6. Intellectual Property and Licensed Materials

6.1. All Intellectual Property (IP) created during the design and manufacturing process will remain the property of Fretronics Engineering unless otherwise explicitly agreed in writing. All IP existing prior to this agreement remains the property of its original owner.

6.2. The Customer guarantees that any materials, designs, or specifications they provide, including but not limited to names, logos, and trademarks (the "Licensed Materials"), are owned by the Customer or that the Customer has obtained all necessary rights and permissions for their use.

6.3. The Customer further warrants that Fretronics Engineering's use of the Licensed Materials in connection with the Product does not infringe the rights of any third party. The Customer indemnifies Fretronics Engineering against any claims, damages, or losses arising from a breach of this warranty.

6.4. Fretronics Engineering retains the right to use photographs, specifications, and the Customer's brand name or logo for its marketing and promotional materials unless the Customer explicitly objects in writing before the commencement of the project.

7. Warranties

7.1. Fretronics Engineering warrants that the Product will conform to the agreed specifications and be free from material defects for a period of 12 months from the delivery date.

7.2. This warranty excludes defects arising from misuse, unauthorised modifications, improper handling, or normal wear and tear.

7.3. Fretronics Engineering will, at its discretion, repair or replace defective products returned within the warranty period, provided the defects are not due to circumstances outside its control.

8. Liability

8.1. Fretronics Engineering's total liability under this agreement will be limited to the value of the contract.

8.2. Fretronics Engineering will not be liable for indirect, consequential, or financial losses, including loss of profits or business.

8.3. Fretronics Engineering accepts no liability for delays caused by circumstances beyond its control, including delays in material supply or regulatory approvals.

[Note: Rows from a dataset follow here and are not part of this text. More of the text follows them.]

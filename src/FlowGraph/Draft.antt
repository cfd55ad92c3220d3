-- ===== src/FlowGraph/Draft.antt =====
-- domain/flows/services/flow_graph_draft_validator.py: the checks between a draft and a validated
-- graph.
use agent_orchestration_core.Common.{
  suc, String, Bool, true, false, not, ◌&&◌, Option, none, some, List, [], ◌∷◌, ◌++◌, length, Dict,
  get, put, has, str_eq, ltb, Result, ok, ◌>>=◌, if◌then◌else◌, Unit, tt,
}
use agent_orchestration_core.Value.{Value, Fields}
use agent_orchestration_core.Runtime.Types.{EdgeKind, NodeSpec}
use agent_orchestration_core.Graph.{Arc, Search, explore}
use agent_orchestration_core.Compiler.{check, is_marked}
use agent_orchestration_core.FlowGraph.{
  FlowGraphEdge, FlowGraphDefinition, each_of, validate, targets_from,
}

-- The code that is not the repository's: pydantic's validation of a configuration, the parser of
-- conditions, and Python's own parser, by which a condition is seen to be true always.
pub record Libraries : Type 0 where
  pub config_fits : String → Fields → Bool
  pub compile_condition : String → Result Value
  pub always_true : String → Bool

-- `edge_kind_map`: the last edge between two nodes gives the kind of them all.
kind_between : List FlowGraphEdge → String → String → Option EdgeKind → Option EdgeKind
kind_between [] a b found = found
kind_between (e ∷ es) a b found =
    kind_between es a b
      (if str_eq e.from_node a && str_eq e.to_node b then some e.edge_kind else found)

is_loop_kind : Option EdgeKind → Bool
unfolding is_marked
is_loop_kind none = false
is_loop_kind (some k) = is_marked k

arcs_to : List FlowGraphEdge → String → List String → List Arc
unfolding kind_between is_loop_kind
arcs_to es id [] = []
arcs_to es id (n ∷ ns) =
    record { target = n; is_loop = is_loop_kind (kind_between es id n none) } ∷ arcs_to es id ns

unfoldable pub draft_arcs : List FlowGraphEdge → String → List Arc
unfolding arcs_to targets_from
draft_arcs es id = arcs_to es id (targets_from es id)

-- `_validate_cycles`
unfoldable pub validate_cycles : FlowGraphDefinition → Result Search
unfolding draft_arcs
validate_cycles d =
    explore (draft_arcs d.edges) (suc (suc (length d.edges)))
      (record { visiting = []; visited = [] }) d.start_node

-- `by_from`
edges_of_node : Option (List FlowGraphEdge) → List FlowGraphEdge
edges_of_node none = []
edges_of_node (some es) = es

by_from : List FlowGraphEdge → Dict (List FlowGraphEdge) → Dict (List FlowGraphEdge)
unfolding edges_of_node put get
by_from [] groups = groups
by_from (e ∷ es) groups =
    by_from es (put groups e.from_node (edges_of_node (get groups e.from_node) ++ e ∷ []))

different_conditions : List FlowGraphEdge → List String → Result {0} Unit
unfolding has
different_conditions [] seen = ok tt
different_conditions (e ∷ es) seen =
    check (not (has seen e.condition)) "edge_condition_duplicate" >>= λ u.
    different_conditions es (e.condition ∷ seen)

module _ (l : Libraries) where
  -- `_validate_node_configs`
  config_fits_node : String × NodeSpec → Result {0} Unit
  config_fits_node (id, spec) =
      check (l.config_fits spec.node_type spec.config) "node_config_invalid"

  -- `_validate_edge_syntax`
  edge_compiles : FlowGraphEdge → Result {0} Unit
  edge_compiles e = l.compile_condition e.condition >>= λ v. ok tt

  -- `_has_always_true`
  any_always_true : List FlowGraphEdge → Bool
  any_always_true [] = false
  any_always_true (e ∷ es) = if l.always_true e.condition then true else any_always_true es

  exclusive : String × List FlowGraphEdge → Result {0} Unit
  unfolding different_conditions any_always_true
  exclusive (id, es) =
      if ltb (length es) 2
      then ok tt
      else (different_conditions es [] >>= λ u.
          check (not (any_always_true es)) "edge_condition_not_mutually_exclusive")

  -- `_validate_mutual_exclusion`
  unfoldable pub validate_mutual_exclusion : List FlowGraphEdge → Result {0} Unit
  unfolding each_of exclusive by_from
  validate_mutual_exclusion es = each_of exclusive (by_from es [])

  -- `FlowGraphDraftValidator.validate`
  unfoldable pub validate_draft : FlowGraphDefinition → Result {0} Unit
  unfolding each_of config_fits_node edge_compiles
  validate_draft d = do
    _ ← validate d
    _ ← each_of config_fits_node d.nodes
    _ ← each_of edge_compiles d.edges
    _ ← validate_mutual_exclusion d.edges
    _ ← validate_cycles d
    ok tt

9. Termination and Cancellation

9.1. Either party may terminate the agreement with one month's written notice.

9.2. If the Customer terminates the agreement, they will be liable for all costs incurred by Fretronics Engineering up to the date of termination, including:

9.2.1. Completed design or production work.

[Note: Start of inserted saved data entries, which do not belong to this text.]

-- ===== src/FlowGraph/Snapshots.antt =====
-- domain/flows/services/flow_graph_compiler.py: the snapshot of a validated graph, without its hash.
use agent_orchestration_core.Common.{
  String, none, some, List, [], ◌∷◌, Result, ok, ◌>>=◌, if◌then◌else◌,
}
use agent_orchestration_core.Runtime.Types.{EdgeKind, normal, loop}
use agent_orchestration_core.Compiler.{SnapshotEdge, Snapshot, key_le}
use agent_orchestration_core.FlowGraph.{FlowGraphEdge, FlowGraphDefinition}
use agent_orchestration_core.FlowGraph.Draft.{Libraries}

unfoldable pub kind_value : EdgeKind → String
kind_value normal = "NORMAL"
kind_value loop = "LOOP"

-- The edge as a dictionary, its condition still to be compiled.
unfoldable pub dumped : FlowGraphEdge → SnapshotEdge
unfolding kind_value
dumped e = record {
  from_node = e.from_node;
  to_node = e.to_node;
  condition = some e.condition;
  edge_kind = some (kind_value e.edge_kind);
  compiled_condition = none;
}

-- `sorted`, by the ends and the condition
unfoldable pub insert_drawn : FlowGraphEdge → List FlowGraphEdge → List FlowGraphEdge
unfolding key_le dumped
insert_drawn e [] = e ∷ []
insert_drawn e (x ∷ xs) = if key_le (dumped e) (dumped x) then e ∷ x ∷ xs else x ∷ insert_drawn e xs

unfoldable pub sorted_drawn : List FlowGraphEdge → List FlowGraphEdge
unfolding insert_drawn
sorted_drawn [] = []
sorted_drawn (e ∷ es) = insert_drawn e (sorted_drawn es)

module _ (l : Libraries) where
  -- `_compile_edges`
  unfoldable pub compile_drawn : List FlowGraphEdge → Result (List SnapshotEdge)
  unfolding dumped
  compile_drawn [] = ok []
  compile_drawn (e ∷ es) = do
    v ← l.compile_condition e.condition
    rest ← compile_drawn es
    ok (record (dumped e) { compiled_condition = some v } ∷ rest)

  -- `FlowGraphCompiler.compile`
  unfoldable pub snapshot_of : FlowGraphDefinition → Result Snapshot
  unfolding compile_drawn sorted_drawn
  snapshot_of d = do
    edges ← compile_drawn (sorted_drawn d.edges)
    ok (record { start_node = some d.start_node; nodes = d.nodes; edges = edges })
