-- ===== src/FlowGraph/Walks.antt =====
-- flow_graph_validator.py: `has_terminal_path` finds a terminal node whenever one can be reached.
use agent_orchestration_core.Common.{
  ℕ, zero, suc, ◌≤◌, ◌<◌, String, ◌≡◌, refl, sym, ◌∙◌, ◌⊎◌, inl, inr, Bool, true, false, List, [],
  ◌∷◌, has, Result, ok, arith, eq_iff, Bool-cases, false≢true,
}
use agent_orchestration_core.Graph.Reach.{
  Has, Reaches, here, there, missing, missing_less, Has-cons, Has-head, Has-later, Has-nil, Has-one,
}
use agent_orchestration_core.FlowGraph.{any_path, has_terminal_path}

-- The search of one node after another.
module _ (go : String → Result Bool) where
  abbrev Answers : List String → Type 0
  Answers ns = (m : String) → Has ns m → (b : Bool) × (go m ≡ ok b)

  any_path-Answers : (ns : List String) → Answers ns → (b : Bool) × (any_path go ns ≡ ok b)
  unfolding any_path
  any_path-Answers [] h = (false, refl)
  any_path-Answers (n ∷ ns) h =
      let (b, e) = h n (Has-head n ns) in
      let (c, k) = any_path-Answers ns (λ m hm. h m (Has-later n ns m hm)) in
      elim (Bool-cases b) [ inl found ↦ (true, rw (e, found)) | inr missed ↦ (c, rw (e, missed) k) ]

  any_path_finds :
      (ns : List String) (m : String)
      → Answers ns
      → Has ns m
      → go m ≡ ok true
      → any_path go ns ≡ ok true
  unfolding any_path
  any_path_finds [] m h k e = absurd (Has-nil m k)
  any_path_finds (n ∷ ns) m h k e =
      let (b, a) = h n (Has-head n ns) in
      elim (Bool-cases b) [
        | inl found ↦ rw (a, found)
        | inr missed ↦ elim (Has-cons n ns m k) [
          | inl same ↦ rw (same, e)
          | inr later ↦
              rw (a, missed) (any_path_finds ns m (λ x hx. h x (Has-later n ns x hx)) later e)
        ]
      ]

module _ (next : String → List String) (terminals : List String) where
  -- A walk of `k` edges from `n` to a terminal node, through no node of `seen`.
  abbrev Walk : ℕ → List String → String → Type 0
  Walk zero seen n = (has seen n ≡ false) × Has terminals n
  Walk (suc k) seen n = (has seen n ≡ false) × ((m : String) × Has (next n) m × Walk k seen m)

  fresh-cons :
      (n : String) (seen : List String) (m : String)
      → has (n ∷ []) m ≡ false
      → has seen m ≡ false
      → has (n ∷ seen) m ≡ false
  unfolding has
  fresh-cons n seen m d h = ground (arith, eq_iff n m)

  Walk-fresh : (k : ℕ) (seen : List String) (n : String) → Walk k seen n → has seen n ≡ false
  Walk-fresh zero seen n w = w.0
  Walk-fresh (suc k) seen n w = w.0

  -- A walk avoids `n`, or a part of it starts at `n`.
  Walk-split :
      (k : ℕ) (seen : List String) (n m : String)
      → Walk k seen m
      → ((j : ℕ) × Walk j (n ∷ seen) m) ⊎ ((j : ℕ) × (j ≤ k) × Walk j seen n)
  Walk-split zero seen n m w = elim (Bool-cases (has (n ∷ []) m)) [
    | inl same ↦ inr (zero, omega arith, rw (Has-one n m same) w)
    | inr other ↦ inl (zero, (fresh-cons n seen m other w.0, w.1))
  ]
  Walk-split (suc k) seen n m (f, (l, e, w)) = elim (Bool-cases (has (n ∷ []) m)) [
    | inl same ↦ inr (suc k, omega arith, rw (Has-one n m same) (f, (l, e, w)))
    | inr other ↦ elim (Walk-split k seen n l w) [
      | inl (j, v) ↦ inl (suc j, (fresh-cons n seen m other f, (l, e, v)))
      | inr (j, h, v) ↦ inr (j, omega (arith, h), v)
    ]
  ]

  -- A walk that does not end at once has a first edge, after which it need not come back.
  Walk-first :
      (bound k : ℕ) (seen : List String) (n : String)
      → k < bound
      → Walk k seen n
      → has terminals n ≡ false
      → (m : String) × Has (next n) m × ((j : ℕ) × Walk j (n ∷ seen) m)
  Walk-first zero k seen n h w t = elim h [ ]
  Walk-first (suc bound) zero seen n h w t = absurd (false≢true (sym t ∙ w.1))
  Walk-first (suc bound) (suc k) seen n h (f, (m, e, w)) t = elim (Walk-split k seen n m w) [
    | inl (j, v) ↦ (m, e, (j, v))
    | inr (j, below, v) ↦ Walk-first bound j seen n (omega (arith, h, below)) v t
  ]

  module _ (us : List String) (inside : (x y : String) → Has us x → Has (next x) y → Has us y) where
    has_terminal_path_answers :
        (fuel : ℕ) (n : String) (seen : List String)
        → Has us n
        → missing us seen < fuel
        → (b : Bool) × (has_terminal_path next terminals fuel n seen ≡ ok b)
    unfolding has_terminal_path
    has_terminal_path_answers zero n seen h f = elim f [ ]
    has_terminal_path_answers (suc fuel) n seen h f = elim (Bool-cases (has seen n)) [
      | inl old ↦ (false, rw (old, has_terminal_path))
      | inr new ↦ elim (Bool-cases (has terminals n)) [
        | inl ends ↦ (true, rw (new, ends, has_terminal_path))
        | inr goes ↦
            let (b, e) =
              any_path-Answers (λ m. has_terminal_path next terminals fuel m (n ∷ seen)) (next n)
                (λ m hm.
                  has_terminal_path_answers fuel m (n ∷ seen) (inside n m h hm)
                    (omega (arith, f, missing_less us seen n h new))) in
            (b, rw (new, goes, has_terminal_path) e)
      ]
    ]

    pub has_terminal_path_finds :
        (fuel k : ℕ) (n : String) (seen : List String)
        → Has us n
        → missing us seen < fuel
        → Walk k seen n
        → has_terminal_path next terminals fuel n seen ≡ ok true
    unfolding has_terminal_path
    has_terminal_path_finds zero k n seen h f w = elim f [ ]
    has_terminal_path_finds (suc fuel) k n seen h f w = elim (Bool-cases (has terminals n)) [
      | inl ends ↦ rw (Walk-fresh k seen n w, ends, has_terminal_path)
      | inr goes ↦
          let new = Walk-fresh k seen n w in
          let less = missing_less us seen n h new in
          let (m, e, (j, v)) = Walk-first (suc k) k seen n (omega arith) w goes in
          rw (new, goes, has_terminal_path)
            (any_path_finds (λ l. has_terminal_path next terminals fuel l (n ∷ seen)) (next n) m
              (λ l hl.
                has_terminal_path_answers fuel l (n ∷ seen) (inside n l h hl)
                  (omega (arith, f, less)))
              e
              (has_terminal_path_finds fuel j m (n ∷ seen) (inside n m h e) (omega (arith, f, less))
                v))
    ]

  pub Walk-of_Reaches : (n t : String) → Reaches next n t → Has terminals t → (k : ℕ) × Walk k [] n
  unfolding has
  Walk-of_Reaches n t (here x) h = (zero, (refl, h))
  Walk-of_Reaches n t (there a m x e r) h =
      let (k, w) = Walk-of_Reaches m x r h in (suc k, (refl, (m, e, w)))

9.2.2. Materials purchased for the production run.

9.2.3. Any non-refundable costs or commitments made by Fretronics Engineering on the Customer's behalf.

9.3. Termination does not affect Fretronics Engineering's right to recover any amounts due for services rendered.

10. Confidentiality

10.1. Both parties agree to keep all confidential information secure and use it solely for the purposes of this agreement.

10.2. Confidential information excludes information that is publicly available or independently developed without breach of this agreement.

11. Force Majeure

11.1. Fretronics Engineering is not liable for delays or failure to perform obligations due to events beyond its reasonable control, including but not limited to acts of God, strikes, or supply chain disruptions.

11.2. In the event of a force majeure event lasting more than 60 days, either party may terminate the agreement with written notice.

12. Marketing and Promotional Use

12.1. Fretronics Engineering reserves the right to use photographs of the Product, as well as the Customer's brand name or logo, in marketing, promotional materials, and portfolios.

12.2. The Customer may opt out of this usage by notifying Fretronics Engineering in writing prior to the commencement of the project.

13. Governing Law and Dispute Resolution

13.1. These Conditions are governed by the laws of Scotland.

13.2. Any disputes arising under this agreement will be subject to the exclusive jurisdiction of the Scottish courts.